Optimal Regret Analysis of Thompson Sampling in Stochastic Multi-armed Bandit Problem with Multiple Plays
This work addresses the problem of efficiently selecting multiple arms per round in bandit settings for applications like online advertising, though it is incremental as it extends an existing method to a new variant.
The authors tackled the multiple-play multi-armed bandit problem by proposing the MP-TS algorithm, an extension of Thompson sampling, and proved it achieves the optimal regret upper bound that matches the known lower bound for binary rewards, making it the first computationally efficient algorithm with this property.

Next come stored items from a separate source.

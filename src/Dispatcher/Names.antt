-- ===== src/Dispatcher/Names.antt =====
-- Who holds a name (src/disp.cc, `handle_auth_req` and `add_adapter`).
use flora.Base.{
  ℕ, ◌≡◌, ◌↔◌, ap, ◌∙◌, Bool, true, not, ◌&&◌, none, some, String, if◌then◌else◌, ◌==◌, string_key,
  nat_key, lookup, insert, erase, or_else, lookup-insert, lookup-erase, leb, arith, Bool-cases,
  Option-cases, inl, inr, int_key, ℤ,
}
use flora.Caps.{CapsApi}
use flora.Protocol.{has_monitor_flag, cli_edupid}
use flora.Message.Data.{AuthReq}
use flora.Dispatcher.State.{State, Written, AdapterInfo, found, info_of}
use flora.Dispatcher.Subscription.{check_subscriptions}
use flora.Dispatcher.Client.{
  insert_info, add_adapter, add_monitor, register, erase_info, do_erase_adapter,
  write_monitor_list_remove,
}

-- The request registers a name: its version is supported, it is no monitor's, and the name is not
-- empty.
abbrev pub names_client : AuthReq → Bool
names_client r = leb 3 r.version && (not (has_monitor_flag r.flags) && not (r.extra == ""))

module _ (api : CapsApi) (os : ℕ → Written) where
  insert_info-names :
      (st : State api.Caps) (name : String) (flags : ℕ) (pid : ℤ) (a : ℕ)
      → (insert_info st name flags pid a).named_adapters ≡ st.named_adapters
  unfolding insert_info
  insert_info-names st name flags pid a = ground arith

  register-names :
      (st : State api.Caps) (r : AuthReq) (sender : ℕ)
      → (register api os st r sender).0.named_adapters ≡ (
          if names_client r
          then elim (lookup r.extra st.named_adapters) [
            | none ↦ insert r.extra sender st.named_adapters
            | some other ↦ st.named_adapters
          ]
          else st.named_adapters)
  unfolding register add_adapter add_monitor insert_info
  register-names st r sender = ground arith

  -- A name that is held stays with its holder when a request is registered; a free name goes to the
  -- client that asks for it, if the request registers one; every other name is as it was.
  pub register-lookup :
      (st : State api.Caps) (r : AuthReq) (sender : ℕ) (other : String)
      → lookup other (register api os st r sender).0.named_adapters ≡ (
          if names_client r && r.extra == other
          then some (or_else (lookup other st.named_adapters) sender)
          else lookup other st.named_adapters)
  register-lookup st r sender other =
      ap (lookup other) (register-names st r sender) ∙ elim (Bool-cases (names_client r)) [
        | inr no_name ↦ rw no_name
        | inl named ↦ elim (Option-cases (lookup r.extra st.named_adapters)) [
          | inl free ↦
              rw (named, free, lookup-insert r.extra other sender st.named_adapters)
                (ground (arith, string_key.equal_iff r.extra other))
          | inr (holder, held) ↦
              rw (named, held)
                (elim (Bool-cases (r.extra == other)) [
                  | inr differ ↦ rw differ
                  | inl same ↦
                      let path : r.extra ≡ other = (string_key.equal_iff r.extra other).0 same in
                      rw same (rw (← path, held))
                ])
        ]
      ]

  -- A request is refused for its name exactly if it registers one and somebody holds it.
  pub register-edupid :
      (st : State api.Caps) (r : AuthReq) (sender : ℕ)
      → ((register api os st r sender).1 ≡ cli_edupid)
        ↔ ((names_client r ≡ true) × ¬ (lookup r.extra st.named_adapters ≡ none))
  unfolding register add_adapter add_monitor insert_info
  register-edupid st r sender = ground arith

  erase_info-names :
      (now sender : ℕ) (info : AdapterInfo) (st st' : State api.Caps)
      → erase_info api os now sender info st ≡ some st'
      → st'.named_adapters
        ≡ (if info.name == "" then st.named_adapters else erase info.name st.named_adapters)
  unfolding erase_info check_subscriptions write_monitor_list_remove
  erase_info-names now sender info st st' e = ground arith

  -- When an adapter with an entry is erased, nobody holds the name of its entry any more, whether it
  -- is a client's or a monitor's, and whoever held it; every other name is as it was.
  pub do_erase_adapter-lookup :
      (now sender : ℕ) (info : AdapterInfo) (st st' : State api.Caps) (other : String)
      → info_of st sender ≡ found info
      → do_erase_adapter api os now st sender ≡ some st'
      → lookup other st'.named_adapters ≡ (
          if not (info.name == "") && info.name == other
          then none
          else lookup other st.named_adapters)
  unfolding do_erase_adapter
  do_erase_adapter-lookup now sender info st st' other i e =
      ap (lookup other) (erase_info-names now sender info st st' (rw (i, do_erase_adapter) at e))
      ∙ elim (Bool-cases (info.name == "")) [
        | inl empty ↦ rw empty
        | inr named ↦ rw (named, lookup-erase info.name other st.named_adapters)
      ]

We discuss a multiple-play multi-armed bandit (MAB) problem in which several arms are selected at each round. Recently, Thompson sampling (TS), a randomized algorithm with a Bayesian spirit, has attracted much attention for its empirically excellent performance, and it is revealed to have an optimal regret bound in the standard single-play MAB problem. In this paper, we propose the multiple-play Thompson sampling (MP-TS) algorithm, an extension of TS to the multiple-play MAB problem, and discuss its regret analysis. We prove that MP-TS for binary rewards has the optimal regret upper bound that matches the regret lower bound provided by Anantharam et al. (1987). Therefore, MP-TS is the first computationally efficient algorithm with optimal regret. A set of computer simulations was also conducted, which compared MP-TS with state-of-the-art algorithms. We also propose a modification of MP-TS, which is shown to have better empirical performance.